The US Congress has sent data protection queries to Apple and Google parent Alphabet, in the latest sign that the political furore stirred up by Facebook’s Cambridge Analytica scandal could spread to other tech giants.
The House Committee on Energy and Commerce this week released letters sent to Apple chief Tim Cook and Alphabet head Larry Page asking for details on how the companies protect users’ privacy, with a number of the questions focusing on the two firms’ market-leading smartphone platforms.
The letters were signed by committee chair Greg Walden and the heads of three of the panel’s sub-committees.
Thus far, Apple and Google have avoided any direct fallout from the Cambridge Analytica row, which involved the now-defunct political consultancy allegedly misusing the personal details of 87 million Facebook users in the 2016 Trump campaign.
Apple’s Cook even contrasted his company’s practices with those of Facebook, a claim the House committee took a swipe at by noting that Apple freely allows software from the likes of Facebook and Google on its smartphones, even while highlighting those companies’ apps as “contradictory to Apple’s values”.
The questions make reference to recent press reports, including a claim by Quartz that Android phones sometimes track location even when users have expressly disabled it and a Wall Street Journal report that Google allows third-party developers to read users’ emails.
Some questions focus on offline data collection through location services, cell towers, Wi-Fi hotspots and Bluetooth connections.

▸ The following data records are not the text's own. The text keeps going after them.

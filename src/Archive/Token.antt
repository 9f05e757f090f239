-- ===== src/Archive/Token.antt =====
-- crates/trust-kernel/src/tibet_token.rs: `TibetProvenance`, the token that each outcome gets. The text of
-- the time is an argument, and the execution time is in thousandths of the code's milliseconds. The JSON
-- is a library's.
use spaceshuttle.Prelude.{ℕ, List, [], ◌∷◌, String}
use spaceshuttle.Prelude.Text.{format}
use spaceshuttle.Kernel.Snaft.{Decision}
use spaceshuttle.Kernel.Voorproever.{TibetMuxFrame}

pub record TibetProvenance : Type 0 where
  pub tbz_version : String
  pub token_type : String
  pub timestamp : String
  pub ains_identity : String
  pub intent : String
  pub erin : String
  pub eraan : String
  pub eromheen : String
  pub erachter : String
  pub execution_time_us : ℕ
  pub vm_id : String
  pub cryptographic_seal : String
  pub violations : List String
  pub observed_syscalls : List String

unfoldable pub generate_success :
    TibetMuxFrame → String → String → ℕ → List String → String → TibetProvenance
generate_success frame result vm_id execution_us syscalls timestamp = record {
  tbz_version = "v0.3.1-AIRLOCK";
  token_type = "SAFE_EXECUTION";
  timestamp = timestamp;
  ains_identity = frame.from_aint;
  intent = frame.intent;
  erin = result;
  eraan = format ("vm:" ∷ vm_id ∷ []);
  eromheen = "SNAFT: All syscalls within intent bounds";
  erachter = frame.intent;
  execution_time_us = execution_us;
  vm_id = vm_id;
  cryptographic_seal = "tbz_sign_ed25519_safeboot";
  violations = [];
  observed_syscalls = syscalls;
}

unfoldable pub generate_incident : TibetMuxFrame → Decision → String → ℕ → String → TibetProvenance
generate_incident frame decision vm_id execution_us timestamp = record {
  tbz_version = "v0.3.1-AIRLOCK-INCIDENT";
  token_type = "INCIDENT_KILL";
  timestamp = timestamp;
  ains_identity = frame.from_aint;
  intent = frame.intent;
  erin = "VM Execution Terminated — intent bounds violated";
  eraan = format ("vm:" ∷ vm_id ∷ []);
  eromheen = format ("Triage: KILL. " ∷ decision.reason ∷ []);
  erachter = frame.intent;
  execution_time_us = execution_us;
  vm_id = vm_id;
  cryptographic_seal = "tbz_sign_ed25519_incident";
  violations = decision.violations;
  observed_syscalls = decision.observed_syscalls;
}

unfoldable pub generate_rejected : TibetMuxFrame → String → String → TibetProvenance
generate_rejected frame reason timestamp = record {
  tbz_version = "v0.3.1-AIRLOCK-REJECTED";
  token_type = "INTENT_REJECTED";
  timestamp = timestamp;
  ains_identity = frame.from_aint;
  intent = frame.intent;
  erin = "Intent rejected — no safe snapshot available";
  eraan = "none";
  eromheen = format ("Rejection: " ∷ reason ∷ []);
  erachter = frame.intent;
  execution_time_us = 0;
  vm_id = "none";
  cryptographic_seal = "tbz_sign_ed25519_rejection";
  violations = [];
  observed_syscalls = [];
}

“Considering that many consumers likely believe that a phone that lacks a SIM card, or one for which they have affirmatively disabled location services, Wi-Fi, or Bluetooth – such as through turning on ‘Airplane Mode’ – is not actively tracking them, this alleged behavior is troubling,” the letters read.
The letters also ask about digital assistants such as Apple’s Siri and whether they may sometimes listen to the surrounding environment and make recordings.

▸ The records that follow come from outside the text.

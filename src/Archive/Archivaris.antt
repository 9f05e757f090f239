-- ===== src/Archive/Archivaris.antt =====
-- crates/trust-kernel/src/archivaris.rs: `Archivaris`. The bus that it shares with Kernel A is an argument
-- of `process` and a part of what it gives. Clocks and generators are arguments; the trust score is in
-- hundredths, as on the bus.
use spaceshuttle.Prelude.{
  ℕ, ◌/◌, ◌%◌, List, [], ◌∷◌, ◌++◌, String, Bool, not, Option, none, some, ◌==◌, ltb, if◌then◌else◌,
  length,
}
use spaceshuttle.Prelude.Text.{format, decimal, byte_len, starts_with}
use spaceshuttle.Kernel.Bus.{
  BusPayload, VirtualBus, BusResult, delivered, bus_closed, payload_too_large, sequence_gap,
  receive,
}
use spaceshuttle.Kernel.Voorproever.{TibetMuxFrame}
use spaceshuttle.Bifurcation.Types.{EncryptedBlock}
use spaceshuttle.Bifurcation.Crypto.{Crypto}
use spaceshuttle.Bifurcation.Airlock
use spaceshuttle.Bifurcation.Airlock.{AirlockBifurcation, Moment, seal, open_block}
use spaceshuttle.Archive.Token.{TibetProvenance, generate_success}

pub data ArchivarisResult : Type 0 where
  -- token, execution_us, bus_seq
  success : TibetProvenance → ℕ → ℕ → ArchivarisResult
  -- reason, bus_seq
  bus_verify_failed : String → ℕ → ArchivarisResult
  -- reason, bus_seq
  jis_denied : String → ℕ → ArchivarisResult
  closed : ArchivarisResult
  -- expected, received, result
  gap_seen : ℕ → ℕ → ArchivarisResult → ArchivarisResult

pub record ArchiveEntry : Type 0 where
  pub seq : ℕ
  pub intent : String
  pub from_aint : String
  pub result : String
  pub tibet_token_type : String
  pub timestamp_ns : ℕ

pub record Archivaris : Type 0 where
  pub jis_signing_per_action : Bool
  pub archive : List ArchiveEntry
  pub bifurcation : AirlockBifurcation
  pub vault : List EncryptedBlock

-- The clocks during a call: the text of the time, the time the call took, and that since the start.
pub record Reading : Type 0 where
  pub timestamp : String
  pub execution_us : ℕ
  pub elapsed_ns : ℕ

unfoldable pub new : Crypto → Bool → Archivaris
unfolding Airlock.new
new c jis_signing_per_action = record {
  jis_signing_per_action = jis_signing_per_action;
  archive = [];
  bifurcation = Airlock.new c;
  vault = [];
}

abbrev pub append : Archivaris → ArchiveEntry → Archivaris
append a entry = record a { archive = a.archive ++ entry ∷ [] }

-- `{:.2}` of a number of hundredths.
unfoldable pub two_decimals : ℕ → String
unfolding decimal
two_decimals score =
    format (decimal (score / 100) ∷ "." ∷ decimal (score / 10 % 10) ∷ decimal (score % 10) ∷ [])

unfoldable pub verify_voorproever_seal : BusPayload → Bool
unfolding starts_with
verify_voorproever_seal p = starts_with p.voorproever_seal "vp_seal_seq"

-- The reason of a denial, if it is one.
unfoldable pub jis_check : BusPayload → Option String
unfolding two_decimals byte_len
jis_check p =
    if byte_len p.from_aint == 0
    then some "JIS: No agent identity (from_aint is empty)"
    else if ltb p.fira_score 30
    then some
        (format ("JIS: FIR/A score " ∷ two_decimals p.fira_score ∷ " below minimum " ∷ "0.30" ∷ []))
    else none

unfoldable pub result_text : BusPayload → String
unfolding decimal two_decimals
result_text p = format (
    "Archived: intent='"
    ∷ p.intent
    ∷ "' from='"
    ∷ p.from_aint
    ∷ "' fira="
    ∷ two_decimals p.fira_score
    ∷ " syscalls="
    ∷ decimal (length p.observed_syscalls)
    ∷ [])

abbrev pub with_gap : Option (ℕ × ℕ) → ArchivarisResult → ArchivarisResult
with_gap none result = result
with_gap (some (expected, received)) result = gap_seen expected received result

unfoldable pub token_of : BusPayload → TibetMuxFrame → Reading → TibetProvenance
unfolding result_text generate_success decimal
token_of p frame r =
    generate_success frame (result_text p) (format ("archivaris_seq" ∷ decimal p.seq ∷ []))
      r.execution_us p.observed_syscalls r.timestamp

unfoldable pub entry_of : BusPayload → Reading → ArchiveEntry
unfolding result_text
entry_of p r = record {
  seq = p.seq;
  intent = p.intent;
  from_aint = p.from_aint;
  result = result_text p;
  tibet_token_type = "SAFE_EXECUTION";
  timestamp_ns = r.elapsed_ns;
}

-- Steps 4 to 7: the token, the entry and the result.
unfoldable pub accept :
    Archivaris
    → BusPayload
    → Option (ℕ × ℕ)
    → TibetMuxFrame
    → Reading
    → Archivaris × ArchivarisResult
unfolding token_of entry_of
accept a p seq_gap frame r =
    (append a (entry_of p r), with_gap seq_gap (success (token_of p frame r) r.execution_us p.seq))

-- Step 3, where the profile asks for it.
unfoldable pub jis_reason : Archivaris → BusPayload → Option String
unfolding jis_check
jis_reason a p = if a.jis_signing_per_action then jis_check p else none

-- Steps 2 to 7.
unfoldable pub verified :
    Archivaris
    → BusPayload
    → Option (ℕ × ℕ)
    → TibetMuxFrame
    → Reading
    → Archivaris × ArchivarisResult
unfolding verify_voorproever_seal jis_reason accept
verified a p seq_gap frame r =
    if not (verify_voorproever_seal p)
    then (a, bus_verify_failed "Voorproever seal verification failed" p.seq)
    else elim (jis_reason a p) [
      | some reason ↦ (a, jis_denied reason p.seq)
      | none ↦ accept a p seq_gap frame r
    ]

-- What follows the answer of the bus.
unfoldable pub after_receive :
    Archivaris → BusResult → BusPayload → TibetMuxFrame → Reading → Archivaris × ArchivarisResult
unfolding verified decimal
after_receive a (delivered p) bus_payload frame r = verified a p none frame r
after_receive a (sequence_gap expected received gap_size) bus_payload frame r =
    verified a bus_payload (some (expected, received)) frame r
after_receive a bus_closed bus_payload frame r = (a, closed)
after_receive a (payload_too_large size max) bus_payload frame r = (
  a,
  bus_verify_failed
      (format ("Payload " ∷ decimal size ∷ "B exceeds bus max " ∷ decimal max ∷ "B" ∷ []))
      bus_payload.seq,
)

unfoldable pub process :
    Archivaris
    → VirtualBus
    → BusPayload
    → TibetMuxFrame
    → Reading
    → VirtualBus × (Archivaris × ArchivarisResult)
unfolding receive after_receive
process a bus bus_payload original_frame r =
    let (bus', answer) = receive bus bus_payload in
    (bus', after_receive a answer bus_payload original_frame r)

Other questions are more general, including asking how the firms ensure apps comply with developer guidelines and are not improperly acquiring users’ data, as Cambridge Analytica is alleged to have done.
The companies are asked to reply by 23 June.

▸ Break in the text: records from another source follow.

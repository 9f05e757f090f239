-- ===== src/Bifurcation/Keys.antt =====
-- The keys of crates/trust-kernel/src/bifurcation.rs: what the cache and the session hold is what the
-- airlock would derive from its own secret.
use spaceshuttle.Prelude.{
  ℕ, ◌≡◌, refl, ap, List, Option, none, some, String, true, false, if◌then◌else◌, All,
}
use spaceshuttle.Bifurcation.Types.{ClearanceLevel}
use spaceshuttle.Bifurcation.Crypto.{Crypto, IsLawful, hkdf_derive_block_key}
use spaceshuttle.Bifurcation.KeyCache.{CachedKey, put-All}
use spaceshuttle.Bifurcation.Session.{SessionKey}
use spaceshuttle.Bifurcation.Airlock.{
  AirlockBifurcation, Moment, new, needs_new, fresh_session, current_session, seal, seal_session,
}

module _ (c : Crypto) where
  -- The key that the holder of the secret derives for a block.
  abbrev pub own_key : List ℕ → List ℕ → ℕ → List ℕ
  own_key secret ephemeral_pub block_index =
      hkdf_derive_block_key c (c.diffie_hellman secret ephemeral_pub) block_index

  abbrev pub IsOwn : List ℕ → CachedKey → Type 0
  IsOwn secret e = e.aes_key ≡ own_key secret e.ephemeral_pub e.block_index

  abbrev pub Agrees : List ℕ → Option SessionKey → Type 0
  Agrees secret none = Unit
  Agrees secret (some k) = k.shared_secret ≡ c.diffie_hellman secret k.ephemeral_pub

  -- The public key belongs to the secret, and each cached key and the session's secret are those that
  -- the holder of the secret derives.
  pub record IsSound (s : AirlockBifurcation) : Type 0 where
    pub own : s.system_pub ≡ c.public_key s.system_secret
    pub cached : All (IsOwn s.system_secret) s.key_cache.derived_keys
    pub live : Agrees s.system_secret s.session

  pub new-IsSound : IsSound (new c)
  unfolding new
  new-IsSound = record { own = refl; cached = tt; live = tt }

  module _ (law : IsLawful c) where
    -- The sender of an exchange derives the key of the holder.
    pub sender_key :
        (secret ephemeral_secret : List ℕ) (block_index : ℕ)
        → hkdf_derive_block_key c
            (c.diffie_hellman ephemeral_secret (c.public_key secret))
            block_index
          ≡ own_key secret (c.public_key ephemeral_secret) block_index
    sender_key secret ephemeral_secret block_index =
        ap (λ shared. hkdf_derive_block_key c shared block_index)
          (law.dh_agree ephemeral_secret secret)

    pub seal-IsSound :
        (s : AirlockBifurcation) (m : Moment) (plaintext : List ℕ) (block_index : ℕ)
        (level : ClearanceLevel) (by : String)
        → IsSound s
        → IsSound (seal c s m plaintext block_index level by).0
    unfolding seal
    seal-IsSound s m plaintext block_index level by h = record {
      own = h.own;
      cached =
          put-All (IsOwn s.system_secret) s.key_cache (c.public_key m.ephemeral_secret) block_index
            _ (rw h.own (sender_key s.system_secret m.ephemeral_secret block_index)) h.cached;
      live = h.live;
    }

    fresh_session-Agrees :
        (s : AirlockBifurcation) (m : Moment)
        → IsSound s
        → Agrees s.system_secret (some (fresh_session c s m))
    unfolding fresh_session
    fresh_session-Agrees s m h = rw h.own (law.dh_agree m.ephemeral_secret s.system_secret)

    pub current_session-Agrees :
        (o : Option SessionKey) (s : AirlockBifurcation) (m : Moment)
        → IsSound s
        → Agrees s.system_secret o
        → Agrees s.system_secret (some (current_session c o s m))
    unfolding current_session
    current_session-Agrees none s m h live = fresh_session-Agrees s m h
    current_session-Agrees (some k) s m h live =
        elim (needs_new (some k) m.now_ns)
          as (λ b. Agrees s.system_secret (some (if b then fresh_session c s m else k))) [
            | true ↦ fresh_session-Agrees s m h
            | false ↦ live
          ]

    -- The key of the session is the one that the holder of the secret derives for the block.
    pub session_key :
        (s : AirlockBifurcation) (m : Moment) (block_index : ℕ)
        → IsSound s
        → let k = current_session c s.session s m in
          hkdf_derive_block_key c k.shared_secret block_index
          ≡ own_key s.system_secret k.ephemeral_pub block_index
    session_key s m block_index h =
        ap (λ shared. hkdf_derive_block_key c shared block_index)
          (current_session-Agrees s.session s m h h.live)

    pub seal_session-IsSound :
        (s : AirlockBifurcation) (m : Moment) (plaintext : List ℕ) (block_index : ℕ)
        (level : ClearanceLevel) (by : String)
        → IsSound s
        → IsSound (seal_session c s m plaintext block_index level by).0
    unfolding seal_session
    seal_session-IsSound s m plaintext block_index level by h = record {
      own = h.own;
      cached =
          put-All (IsOwn s.system_secret) s.key_cache _ block_index _
            (session_key s m block_index h) h.cached;
      live = current_session-Agrees s.session s m h h.live;
    }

Apple declined to comment, while Google said: “Protecting our users’ privacy and securing their information is of the utmost importance. We look forward to answering the committee’s questions.”
Data protection issues have taken on additional urgency with the introduction in late May of the General Data Protection Regulation (GDPR), which gives regulators the power to impose large fines for improper collection and processing of user data.